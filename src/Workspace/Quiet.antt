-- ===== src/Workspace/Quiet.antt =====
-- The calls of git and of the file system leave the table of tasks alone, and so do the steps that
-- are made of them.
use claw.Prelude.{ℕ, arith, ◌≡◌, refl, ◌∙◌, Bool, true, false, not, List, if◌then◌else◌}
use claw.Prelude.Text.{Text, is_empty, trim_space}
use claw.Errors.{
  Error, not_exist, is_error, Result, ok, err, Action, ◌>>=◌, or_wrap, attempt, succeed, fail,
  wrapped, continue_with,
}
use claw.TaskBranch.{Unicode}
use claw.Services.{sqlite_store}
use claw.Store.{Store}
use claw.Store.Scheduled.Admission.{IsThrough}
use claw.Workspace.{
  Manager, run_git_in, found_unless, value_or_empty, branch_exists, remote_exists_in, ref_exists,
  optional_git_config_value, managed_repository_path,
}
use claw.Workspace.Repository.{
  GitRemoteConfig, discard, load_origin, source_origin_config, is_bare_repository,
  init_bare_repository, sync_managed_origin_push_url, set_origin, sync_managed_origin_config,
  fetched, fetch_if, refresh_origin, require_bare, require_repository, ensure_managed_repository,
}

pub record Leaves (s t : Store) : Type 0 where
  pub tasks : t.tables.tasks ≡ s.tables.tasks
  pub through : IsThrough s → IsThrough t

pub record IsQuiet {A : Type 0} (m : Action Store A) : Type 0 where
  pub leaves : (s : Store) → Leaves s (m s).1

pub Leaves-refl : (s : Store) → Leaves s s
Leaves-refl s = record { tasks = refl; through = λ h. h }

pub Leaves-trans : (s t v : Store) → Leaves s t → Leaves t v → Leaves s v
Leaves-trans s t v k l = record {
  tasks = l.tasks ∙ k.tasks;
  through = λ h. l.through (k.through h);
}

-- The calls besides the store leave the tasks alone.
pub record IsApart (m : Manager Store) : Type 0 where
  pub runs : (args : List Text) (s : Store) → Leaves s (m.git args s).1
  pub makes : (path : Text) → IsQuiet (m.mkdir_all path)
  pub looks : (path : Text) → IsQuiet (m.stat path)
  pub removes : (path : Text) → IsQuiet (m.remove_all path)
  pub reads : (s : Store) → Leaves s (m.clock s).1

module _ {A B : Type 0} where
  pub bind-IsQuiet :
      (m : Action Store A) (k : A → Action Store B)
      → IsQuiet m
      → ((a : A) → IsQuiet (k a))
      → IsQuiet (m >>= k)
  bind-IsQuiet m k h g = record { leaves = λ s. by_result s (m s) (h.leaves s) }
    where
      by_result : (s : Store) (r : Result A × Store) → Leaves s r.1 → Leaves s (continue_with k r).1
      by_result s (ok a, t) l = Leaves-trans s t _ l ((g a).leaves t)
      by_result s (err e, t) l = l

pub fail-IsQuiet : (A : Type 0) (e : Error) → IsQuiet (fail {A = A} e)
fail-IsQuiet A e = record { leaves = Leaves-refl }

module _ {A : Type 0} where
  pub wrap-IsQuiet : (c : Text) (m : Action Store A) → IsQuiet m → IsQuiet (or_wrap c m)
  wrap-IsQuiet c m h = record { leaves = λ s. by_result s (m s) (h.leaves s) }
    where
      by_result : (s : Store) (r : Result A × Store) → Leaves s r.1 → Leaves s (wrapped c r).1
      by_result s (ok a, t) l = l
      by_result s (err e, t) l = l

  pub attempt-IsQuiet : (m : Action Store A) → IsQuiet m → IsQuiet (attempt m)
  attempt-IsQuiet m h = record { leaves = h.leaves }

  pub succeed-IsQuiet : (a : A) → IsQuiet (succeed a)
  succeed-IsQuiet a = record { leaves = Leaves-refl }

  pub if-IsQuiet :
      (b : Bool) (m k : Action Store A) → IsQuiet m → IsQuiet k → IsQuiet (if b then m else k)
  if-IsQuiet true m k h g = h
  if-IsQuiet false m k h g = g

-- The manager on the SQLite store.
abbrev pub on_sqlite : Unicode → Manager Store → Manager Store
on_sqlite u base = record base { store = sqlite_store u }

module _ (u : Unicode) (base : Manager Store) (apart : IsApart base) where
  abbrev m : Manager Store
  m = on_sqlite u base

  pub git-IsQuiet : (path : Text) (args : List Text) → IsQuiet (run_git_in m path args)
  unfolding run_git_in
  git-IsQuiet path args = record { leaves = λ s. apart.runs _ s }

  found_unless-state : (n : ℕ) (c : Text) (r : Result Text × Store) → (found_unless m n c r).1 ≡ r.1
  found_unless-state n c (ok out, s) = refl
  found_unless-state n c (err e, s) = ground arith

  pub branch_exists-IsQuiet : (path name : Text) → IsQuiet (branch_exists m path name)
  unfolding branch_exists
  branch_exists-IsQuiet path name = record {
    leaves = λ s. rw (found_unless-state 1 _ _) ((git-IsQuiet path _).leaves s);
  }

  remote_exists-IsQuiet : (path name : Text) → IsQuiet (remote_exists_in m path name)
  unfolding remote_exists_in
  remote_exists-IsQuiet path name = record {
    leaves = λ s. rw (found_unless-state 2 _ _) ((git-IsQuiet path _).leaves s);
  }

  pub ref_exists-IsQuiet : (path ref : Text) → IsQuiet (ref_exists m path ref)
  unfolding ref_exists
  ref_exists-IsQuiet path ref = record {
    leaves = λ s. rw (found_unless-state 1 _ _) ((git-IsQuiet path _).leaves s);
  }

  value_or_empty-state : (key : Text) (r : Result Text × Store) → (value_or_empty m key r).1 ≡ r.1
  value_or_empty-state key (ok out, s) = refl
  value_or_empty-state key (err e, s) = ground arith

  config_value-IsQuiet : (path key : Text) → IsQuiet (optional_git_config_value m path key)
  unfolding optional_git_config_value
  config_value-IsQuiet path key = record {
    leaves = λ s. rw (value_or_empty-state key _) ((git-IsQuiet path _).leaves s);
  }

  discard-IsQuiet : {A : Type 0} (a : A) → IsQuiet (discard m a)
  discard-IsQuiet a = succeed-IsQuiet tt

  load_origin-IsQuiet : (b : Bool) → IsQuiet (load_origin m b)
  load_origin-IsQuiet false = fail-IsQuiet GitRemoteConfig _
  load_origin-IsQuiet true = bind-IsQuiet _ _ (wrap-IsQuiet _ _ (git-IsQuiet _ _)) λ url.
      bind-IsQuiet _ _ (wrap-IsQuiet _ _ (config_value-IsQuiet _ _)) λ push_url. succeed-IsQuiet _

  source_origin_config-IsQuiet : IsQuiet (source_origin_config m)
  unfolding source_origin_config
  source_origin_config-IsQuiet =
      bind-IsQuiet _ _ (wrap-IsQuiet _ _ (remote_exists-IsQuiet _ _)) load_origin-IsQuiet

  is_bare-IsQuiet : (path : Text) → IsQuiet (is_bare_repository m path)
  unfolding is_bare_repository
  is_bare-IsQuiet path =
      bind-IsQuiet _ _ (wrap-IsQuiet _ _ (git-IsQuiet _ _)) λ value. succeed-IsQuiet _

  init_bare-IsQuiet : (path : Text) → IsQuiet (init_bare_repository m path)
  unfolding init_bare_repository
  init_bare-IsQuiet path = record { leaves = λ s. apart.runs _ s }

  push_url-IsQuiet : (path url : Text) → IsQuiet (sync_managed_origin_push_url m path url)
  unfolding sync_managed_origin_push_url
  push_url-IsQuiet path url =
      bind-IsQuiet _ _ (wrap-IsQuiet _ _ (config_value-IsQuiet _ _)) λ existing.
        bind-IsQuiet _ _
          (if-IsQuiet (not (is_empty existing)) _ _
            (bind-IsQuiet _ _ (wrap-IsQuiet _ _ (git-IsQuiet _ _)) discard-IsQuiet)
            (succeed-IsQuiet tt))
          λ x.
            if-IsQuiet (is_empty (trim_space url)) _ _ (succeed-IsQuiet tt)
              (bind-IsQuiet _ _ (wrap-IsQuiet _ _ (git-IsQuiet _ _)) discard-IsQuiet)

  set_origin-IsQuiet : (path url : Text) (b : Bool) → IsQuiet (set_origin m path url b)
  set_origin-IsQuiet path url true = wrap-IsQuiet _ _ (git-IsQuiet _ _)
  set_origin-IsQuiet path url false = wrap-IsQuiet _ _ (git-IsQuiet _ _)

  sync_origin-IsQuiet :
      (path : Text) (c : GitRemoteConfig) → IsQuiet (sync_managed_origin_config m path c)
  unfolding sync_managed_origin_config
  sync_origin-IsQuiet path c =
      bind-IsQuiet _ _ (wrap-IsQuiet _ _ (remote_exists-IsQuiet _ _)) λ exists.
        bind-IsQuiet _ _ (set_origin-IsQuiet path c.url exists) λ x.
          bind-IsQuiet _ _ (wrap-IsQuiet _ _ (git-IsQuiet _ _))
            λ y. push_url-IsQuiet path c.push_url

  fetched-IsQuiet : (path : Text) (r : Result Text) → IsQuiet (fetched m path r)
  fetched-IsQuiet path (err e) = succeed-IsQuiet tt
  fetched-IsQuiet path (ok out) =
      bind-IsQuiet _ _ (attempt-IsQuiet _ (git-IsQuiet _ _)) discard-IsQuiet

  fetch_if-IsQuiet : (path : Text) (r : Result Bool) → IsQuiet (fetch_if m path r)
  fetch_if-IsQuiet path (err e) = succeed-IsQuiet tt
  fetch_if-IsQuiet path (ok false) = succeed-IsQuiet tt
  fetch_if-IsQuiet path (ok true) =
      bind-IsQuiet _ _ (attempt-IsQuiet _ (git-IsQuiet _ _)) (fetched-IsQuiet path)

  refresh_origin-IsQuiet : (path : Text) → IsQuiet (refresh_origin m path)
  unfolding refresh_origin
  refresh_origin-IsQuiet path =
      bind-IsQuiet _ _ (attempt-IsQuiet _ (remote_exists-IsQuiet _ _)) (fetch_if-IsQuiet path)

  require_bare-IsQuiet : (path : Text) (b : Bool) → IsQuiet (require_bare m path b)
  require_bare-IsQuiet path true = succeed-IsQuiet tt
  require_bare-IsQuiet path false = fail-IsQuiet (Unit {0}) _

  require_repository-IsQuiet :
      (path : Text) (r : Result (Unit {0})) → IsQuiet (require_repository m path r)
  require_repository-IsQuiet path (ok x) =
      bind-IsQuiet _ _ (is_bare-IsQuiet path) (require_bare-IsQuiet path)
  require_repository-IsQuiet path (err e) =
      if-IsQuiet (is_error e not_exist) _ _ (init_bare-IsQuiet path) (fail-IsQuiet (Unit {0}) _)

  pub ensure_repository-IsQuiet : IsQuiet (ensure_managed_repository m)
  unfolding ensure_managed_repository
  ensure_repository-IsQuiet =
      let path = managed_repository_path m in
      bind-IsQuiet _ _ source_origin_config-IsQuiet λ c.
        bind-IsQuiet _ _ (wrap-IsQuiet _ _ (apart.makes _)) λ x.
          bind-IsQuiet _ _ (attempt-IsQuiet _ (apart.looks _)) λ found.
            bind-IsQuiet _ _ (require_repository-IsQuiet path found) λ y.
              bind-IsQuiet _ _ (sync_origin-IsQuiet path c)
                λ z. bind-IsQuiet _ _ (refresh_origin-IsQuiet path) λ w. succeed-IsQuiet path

● ● ● ● ●

How to complete this task
The required output is every line from the one that holds "if-IsQuiet (is_error e" through the last line of the listing above, retyped exactly and with nothing else.

Solved problem
      if-IsQuiet (is_error e not_exist) _ _ (init_bare-IsQuiet path) (fail-IsQuiet (Unit {0}) _)

  pub ensure_repository-IsQuiet : IsQuiet (ensure_managed_repository m)
  unfolding ensure_managed_repository
  ensure_repository-IsQuiet =
      let path = managed_repository_path m in
      bind-IsQuiet _ _ source_origin_config-IsQuiet λ c.
        bind-IsQuiet _ _ (wrap-IsQuiet _ _ (apart.makes _)) λ x.
          bind-IsQuiet _ _ (attempt-IsQuiet _ (apart.looks _)) λ found.
            bind-IsQuiet _ _ (require_repository-IsQuiet path found) λ y.
              bind-IsQuiet _ _ (sync_origin-IsQuiet path c)
                λ z. bind-IsQuiet _ _ (refresh_origin-IsQuiet path) λ w. succeed-IsQuiet path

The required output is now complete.